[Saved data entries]
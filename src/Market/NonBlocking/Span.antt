-- ===== src/Market/NonBlocking/Span.antt =====
-- The span that the consumer of include/market/market_data_system_rw_nonblocking.h sends from.
use fix_feed_simulator.Prelude.{
  ℕ, ◌≡◌, refl, subst, ◌⊎◌, inl, inr, Bool, true, false, if◌then◌else◌,
}
use fix_feed_simulator.Prelude.Bytes.{Bytes}
use fix_feed_simulator.Fix.Message.{FixMessage, finalize}
use fix_feed_simulator.Market.Double.{Double}
use fix_feed_simulator.Market.Tick.{MarketTick}
use fix_feed_simulator.Market.Snapshot.{encode}
use fix_feed_simulator.Market.NonBlocking.{
  System, Step, produce, produce_end, push_ok, push_refused, push_again, push_abandon,
  count_generated, consume, consume_end, pop_refused, pop_ok, send_test, send_stopped, send_throws,
  send_returns, count_sent, watch, watch_end, wait_over, wait_stopped, take_generated, take_sent,
  stop, start, Reach, here, later, Consumer,
}

-- The consumer sends from a span over the builder's buffer: at the test of the sending loop and at
-- `send` the buffer holds the message.
abbrev pub SpanOk : Bytes → Consumer → Type 0
SpanOk buffer (Consumer.retrying message) = buffer ≡ message
SpanOk buffer (Consumer.sending message) = buffer ≡ message
SpanOk buffer Consumer.looping = Unit
SpanOk buffer Consumer.polling = Unit
SpanOk buffer Consumer.counting = Unit
SpanOk buffer Consumer.finished = Unit

pub span_at :
    (buffer : Bytes) (c : Consumer) {c' : Consumer} → c' ≡ c → SpanOk buffer c' → SpanOk buffer c
span_at buffer c at ok = subst (SpanOk buffer) at ok

-- The span that `finalize` returns.
pub made_SpanOk {ℓ} :
    {F : Type ℓ} (d : Double F) (has_sender : Bool) (builder : FixMessage) (tick : MarketTick F)
    → SpanOk
        (encode d builder tick).0.final_message_buffer
        (if has_sender then Consumer.retrying (encode d builder tick).1 else Consumer.looping)
unfolding encode finalize
made_SpanOk d true builder tick = refl
made_SpanOk d false builder tick = tt

module _ {ℓ} {F : Type ℓ} (d : Double F) (rand_max : ℕ) where
  abbrev SpanOf : System F → Type 0
  SpanOf s = SpanOk s.builder.final_message_buffer s.consumer

  Step-SpanOk : {s t : System F} → Step d rand_max s t → SpanOf s → SpanOf t
  Step-SpanOk (produce z rand₁ rand₂ at go) ok = ok
  Step-SpanOk (produce_end at go) ok = ok
  Step-SpanOk (push_ok tick at room) ok = ok
  Step-SpanOk (push_refused tick at) ok = ok
  Step-SpanOk (push_again tick at go) ok = ok
  Step-SpanOk (push_abandon tick at go) ok = ok
  Step-SpanOk (count_generated at) ok = ok
  Step-SpanOk (consume at go) ok = tt
  Step-SpanOk (consume_end at go) ok = tt
  Step-SpanOk (pop_refused at) ok = tt
  Step-SpanOk {s} (pop_ok tick rest at front) ok = made_SpanOk d s.has_sender s.builder tick
  Step-SpanOk {s} (send_test message at go) ok =
      span_at s.builder.final_message_buffer (Consumer.retrying message) at ok
  Step-SpanOk (send_stopped message at go) ok = tt
  Step-SpanOk {s} (send_throws message answer at e) ok =
      span_at s.builder.final_message_buffer (Consumer.sending message) at ok
  Step-SpanOk (send_returns message answer outcome at e ne) ok = tt
  Step-SpanOk (count_sent at) ok = tt
  Step-SpanOk (watch at go) ok = ok
  Step-SpanOk (watch_end at go) ok = ok
  Step-SpanOk (wait_over at go) ok = ok
  Step-SpanOk (wait_stopped at go) ok = ok
  Step-SpanOk (take_generated at) ok = ok
  Step-SpanOk (take_sent at) ok = ok
  Step-SpanOk (stop go) ok = ok

  Reach-SpanOk : {has_sender : Bool} {s : System F} → Reach d rand_max has_sender s → SpanOf s
  Reach-SpanOk here = unfold start in tt
  Reach-SpanOk (later r st) = Step-SpanOk st (Reach-SpanOk r)

  -- In every reachable state, from the test of the sending loop to the end of `send`, also after
  -- failures, the span that the consumer sends from is valid: the builder's buffer, which `finalize`
  -- gave it a view of, still holds the message that was built.
  pub span_valid :
      {has_sender : Bool} {s : System F} (message : Bytes)
      → Reach d rand_max has_sender s
      → (s.consumer ≡ Consumer.retrying message) ⊎ (s.consumer ≡ Consumer.sending message)
      → s.builder.final_message_buffer ≡ message
  span_valid {s = s} message r (inl at) =
      span_at s.builder.final_message_buffer (Consumer.retrying message) at (Reach-SpanOk r)
  span_valid {s = s} message r (inr at) =
      span_at s.builder.final_message_buffer (Consumer.sending message) at (Reach-SpanOk r)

PROBLEM TO WORK ON:
The required answer is the exact run of lines above starting at the line with "Step-SpanOk (send_stopped message" and ending at the line with "Step-SpanOk (take_generated at) ok = ok", with both ends present.

EXPECTED OUTPUT:
  Step-SpanOk (send_stopped message at go) ok = tt
  Step-SpanOk {s} (send_throws message answer at e) ok =
      span_at s.builder.final_message_buffer (Consumer.sending message) at ok
  Step-SpanOk (send_returns message answer outcome at e ne) ok = tt
  Step-SpanOk (count_sent at) ok = tt
  Step-SpanOk (watch at go) ok = ok
  Step-SpanOk (watch_end at go) ok = ok
  Step-SpanOk (wait_over at go) ok = ok
  Step-SpanOk (wait_stopped at go) ok = ok
  Step-SpanOk (take_generated at) ok = ok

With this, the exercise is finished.